Saved entries
--- START ---

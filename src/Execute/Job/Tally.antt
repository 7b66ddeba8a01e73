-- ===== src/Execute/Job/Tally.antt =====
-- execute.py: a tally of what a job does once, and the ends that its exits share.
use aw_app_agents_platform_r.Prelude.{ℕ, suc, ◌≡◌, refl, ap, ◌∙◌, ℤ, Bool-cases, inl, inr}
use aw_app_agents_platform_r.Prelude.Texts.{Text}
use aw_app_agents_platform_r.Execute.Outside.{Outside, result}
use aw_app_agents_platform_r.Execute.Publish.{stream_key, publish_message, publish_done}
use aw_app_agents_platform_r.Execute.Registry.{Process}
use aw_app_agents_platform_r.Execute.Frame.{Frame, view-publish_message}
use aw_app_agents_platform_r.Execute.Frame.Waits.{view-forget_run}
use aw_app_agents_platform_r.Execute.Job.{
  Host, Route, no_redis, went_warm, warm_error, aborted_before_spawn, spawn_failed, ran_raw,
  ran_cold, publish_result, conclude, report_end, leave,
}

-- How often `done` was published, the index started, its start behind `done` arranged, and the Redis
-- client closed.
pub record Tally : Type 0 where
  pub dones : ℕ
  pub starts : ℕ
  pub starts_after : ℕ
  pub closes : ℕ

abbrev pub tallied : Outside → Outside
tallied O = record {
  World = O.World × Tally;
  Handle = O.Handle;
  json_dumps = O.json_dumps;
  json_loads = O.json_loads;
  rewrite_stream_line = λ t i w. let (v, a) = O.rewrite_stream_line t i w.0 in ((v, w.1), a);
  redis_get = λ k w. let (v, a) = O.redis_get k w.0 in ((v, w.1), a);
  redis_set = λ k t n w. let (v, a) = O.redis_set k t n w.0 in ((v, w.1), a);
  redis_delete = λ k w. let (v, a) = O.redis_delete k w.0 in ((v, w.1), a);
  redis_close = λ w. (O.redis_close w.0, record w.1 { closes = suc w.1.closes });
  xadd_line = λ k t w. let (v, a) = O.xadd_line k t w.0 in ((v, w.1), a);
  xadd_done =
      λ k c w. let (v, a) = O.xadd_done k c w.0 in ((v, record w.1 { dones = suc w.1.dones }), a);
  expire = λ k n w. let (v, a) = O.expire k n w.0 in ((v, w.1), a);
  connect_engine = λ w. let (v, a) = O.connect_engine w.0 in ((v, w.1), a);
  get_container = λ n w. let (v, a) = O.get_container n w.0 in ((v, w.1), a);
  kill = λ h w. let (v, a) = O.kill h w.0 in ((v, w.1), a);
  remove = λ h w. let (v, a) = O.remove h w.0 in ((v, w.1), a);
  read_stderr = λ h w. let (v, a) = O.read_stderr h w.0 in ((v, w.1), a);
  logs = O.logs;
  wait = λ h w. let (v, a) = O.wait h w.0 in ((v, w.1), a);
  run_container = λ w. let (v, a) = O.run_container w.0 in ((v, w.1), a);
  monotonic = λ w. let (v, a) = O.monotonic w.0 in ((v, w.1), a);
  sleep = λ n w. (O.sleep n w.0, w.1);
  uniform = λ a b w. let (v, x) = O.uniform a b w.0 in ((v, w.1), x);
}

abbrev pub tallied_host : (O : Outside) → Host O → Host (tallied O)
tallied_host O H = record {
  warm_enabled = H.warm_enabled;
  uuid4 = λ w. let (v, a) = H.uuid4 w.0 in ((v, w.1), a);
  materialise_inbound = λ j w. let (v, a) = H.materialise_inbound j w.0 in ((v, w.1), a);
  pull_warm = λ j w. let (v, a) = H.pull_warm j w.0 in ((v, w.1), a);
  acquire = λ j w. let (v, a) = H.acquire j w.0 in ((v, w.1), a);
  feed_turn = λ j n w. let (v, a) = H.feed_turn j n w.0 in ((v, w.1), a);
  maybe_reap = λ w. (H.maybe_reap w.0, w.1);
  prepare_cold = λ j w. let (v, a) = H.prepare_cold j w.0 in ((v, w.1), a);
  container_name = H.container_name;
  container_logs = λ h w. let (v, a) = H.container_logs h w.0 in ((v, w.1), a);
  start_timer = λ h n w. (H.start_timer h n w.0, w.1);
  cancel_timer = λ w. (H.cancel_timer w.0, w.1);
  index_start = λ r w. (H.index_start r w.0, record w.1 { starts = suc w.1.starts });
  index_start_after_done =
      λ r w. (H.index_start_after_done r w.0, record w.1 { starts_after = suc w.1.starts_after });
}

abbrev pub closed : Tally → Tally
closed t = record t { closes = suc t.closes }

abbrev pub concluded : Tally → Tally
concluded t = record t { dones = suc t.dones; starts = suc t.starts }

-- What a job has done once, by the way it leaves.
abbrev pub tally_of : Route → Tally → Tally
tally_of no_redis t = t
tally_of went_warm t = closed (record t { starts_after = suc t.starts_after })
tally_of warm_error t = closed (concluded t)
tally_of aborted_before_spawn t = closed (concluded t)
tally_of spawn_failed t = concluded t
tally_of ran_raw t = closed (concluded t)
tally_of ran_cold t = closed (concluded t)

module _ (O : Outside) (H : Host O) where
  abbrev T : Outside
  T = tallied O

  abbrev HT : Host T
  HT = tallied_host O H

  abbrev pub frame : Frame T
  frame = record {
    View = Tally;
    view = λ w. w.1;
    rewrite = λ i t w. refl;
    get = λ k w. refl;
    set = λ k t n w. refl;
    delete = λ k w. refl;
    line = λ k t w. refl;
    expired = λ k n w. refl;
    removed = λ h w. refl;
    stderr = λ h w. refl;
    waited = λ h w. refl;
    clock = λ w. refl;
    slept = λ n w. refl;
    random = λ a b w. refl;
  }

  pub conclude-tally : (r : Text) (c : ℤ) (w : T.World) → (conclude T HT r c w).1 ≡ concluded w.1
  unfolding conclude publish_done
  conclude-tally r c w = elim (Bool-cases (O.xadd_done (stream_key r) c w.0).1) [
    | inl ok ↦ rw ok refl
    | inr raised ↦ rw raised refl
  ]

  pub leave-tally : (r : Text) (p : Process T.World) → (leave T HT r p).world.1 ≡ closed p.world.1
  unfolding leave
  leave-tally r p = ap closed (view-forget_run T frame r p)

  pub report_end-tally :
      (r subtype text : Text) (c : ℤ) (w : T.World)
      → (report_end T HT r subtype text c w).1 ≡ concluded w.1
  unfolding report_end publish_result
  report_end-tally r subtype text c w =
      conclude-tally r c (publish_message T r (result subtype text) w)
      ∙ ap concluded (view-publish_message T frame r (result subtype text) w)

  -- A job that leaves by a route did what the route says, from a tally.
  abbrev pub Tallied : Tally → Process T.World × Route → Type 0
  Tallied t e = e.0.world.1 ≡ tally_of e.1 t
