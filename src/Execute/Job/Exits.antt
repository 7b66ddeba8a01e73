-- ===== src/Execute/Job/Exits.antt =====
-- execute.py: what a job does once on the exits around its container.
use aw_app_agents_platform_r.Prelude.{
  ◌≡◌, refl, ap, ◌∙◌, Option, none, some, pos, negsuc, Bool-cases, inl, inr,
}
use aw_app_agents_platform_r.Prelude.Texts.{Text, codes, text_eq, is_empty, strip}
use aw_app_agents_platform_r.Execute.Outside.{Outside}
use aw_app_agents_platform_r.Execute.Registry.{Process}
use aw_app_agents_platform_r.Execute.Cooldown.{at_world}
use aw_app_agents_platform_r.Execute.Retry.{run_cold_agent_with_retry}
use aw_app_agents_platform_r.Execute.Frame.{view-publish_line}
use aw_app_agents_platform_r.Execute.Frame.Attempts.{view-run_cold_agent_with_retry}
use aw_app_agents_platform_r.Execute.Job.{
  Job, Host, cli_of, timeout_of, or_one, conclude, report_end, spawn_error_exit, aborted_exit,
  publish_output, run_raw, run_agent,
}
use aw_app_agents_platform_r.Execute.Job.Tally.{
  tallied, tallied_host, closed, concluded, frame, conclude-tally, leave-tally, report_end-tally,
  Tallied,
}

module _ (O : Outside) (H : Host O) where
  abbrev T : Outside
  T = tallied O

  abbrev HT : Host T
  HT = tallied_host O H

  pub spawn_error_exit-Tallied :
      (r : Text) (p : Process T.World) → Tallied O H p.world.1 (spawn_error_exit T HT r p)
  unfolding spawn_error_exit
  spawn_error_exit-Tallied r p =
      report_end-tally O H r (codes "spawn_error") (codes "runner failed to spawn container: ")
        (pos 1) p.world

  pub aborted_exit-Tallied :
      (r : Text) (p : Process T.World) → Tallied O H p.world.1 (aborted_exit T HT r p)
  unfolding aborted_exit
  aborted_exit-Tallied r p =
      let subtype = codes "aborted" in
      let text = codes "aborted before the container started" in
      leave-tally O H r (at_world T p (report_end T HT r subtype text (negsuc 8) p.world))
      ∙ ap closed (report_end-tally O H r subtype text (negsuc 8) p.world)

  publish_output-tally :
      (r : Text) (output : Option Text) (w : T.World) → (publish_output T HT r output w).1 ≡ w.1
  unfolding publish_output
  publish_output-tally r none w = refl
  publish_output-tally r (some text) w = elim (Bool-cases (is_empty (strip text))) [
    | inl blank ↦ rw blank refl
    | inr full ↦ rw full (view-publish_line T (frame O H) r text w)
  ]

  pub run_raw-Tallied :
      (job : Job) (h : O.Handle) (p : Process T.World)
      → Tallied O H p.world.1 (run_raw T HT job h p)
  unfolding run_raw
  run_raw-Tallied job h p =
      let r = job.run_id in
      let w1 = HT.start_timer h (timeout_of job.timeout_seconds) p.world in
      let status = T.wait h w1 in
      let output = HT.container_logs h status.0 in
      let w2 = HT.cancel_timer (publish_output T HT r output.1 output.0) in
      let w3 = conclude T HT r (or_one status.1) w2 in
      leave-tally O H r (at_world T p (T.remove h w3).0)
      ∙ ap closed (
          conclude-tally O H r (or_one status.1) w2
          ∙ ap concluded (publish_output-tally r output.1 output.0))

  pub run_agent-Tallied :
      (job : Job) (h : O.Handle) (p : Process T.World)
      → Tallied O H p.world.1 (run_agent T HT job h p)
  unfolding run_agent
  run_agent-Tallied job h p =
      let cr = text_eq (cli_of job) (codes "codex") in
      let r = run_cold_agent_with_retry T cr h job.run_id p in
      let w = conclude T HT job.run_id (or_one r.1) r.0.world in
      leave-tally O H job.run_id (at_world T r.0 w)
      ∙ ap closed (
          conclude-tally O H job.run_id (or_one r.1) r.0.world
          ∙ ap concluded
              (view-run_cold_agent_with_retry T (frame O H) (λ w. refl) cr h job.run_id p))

--- END ---

_DIRECTIONS_. The answer must be an exact copy of the lines from the one containing "let w1 = HT.start_timer" through the last line of the records, both included.

_TASK ANSWER_.
      let w1 = HT.start_timer h (timeout_of job.timeout_seconds) p.world in
      let status = T.wait h w1 in
      let output = HT.container_logs h status.0 in
      let w2 = HT.cancel_timer (publish_output T HT r output.1 output.0) in
      let w3 = conclude T HT r (or_one status.1) w2 in
      leave-tally O H r (at_world T p (T.remove h w3).0)
      ∙ ap closed (
          conclude-tally O H r (or_one status.1) w2
          ∙ ap concluded (publish_output-tally r output.1 output.0))

  pub run_agent-Tallied :
      (job : Job) (h : O.Handle) (p : Process T.World)
      → Tallied O H p.world.1 (run_agent T HT job h p)
  unfolding run_agent
  run_agent-Tallied job h p =
      let cr = text_eq (cli_of job) (codes "codex") in
      let r = run_cold_agent_with_retry T cr h job.run_id p in
      let w = conclude T HT job.run_id (or_one r.1) r.0.world in
      leave-tally O H job.run_id (at_world T r.0 w)
      ∙ ap closed (
          conclude-tally O H job.run_id (or_one r.1) r.0.world
          ∙ ap concluded
              (view-run_cold_agent_with_retry T (frame O H) (λ w. refl) cr h job.run_id p))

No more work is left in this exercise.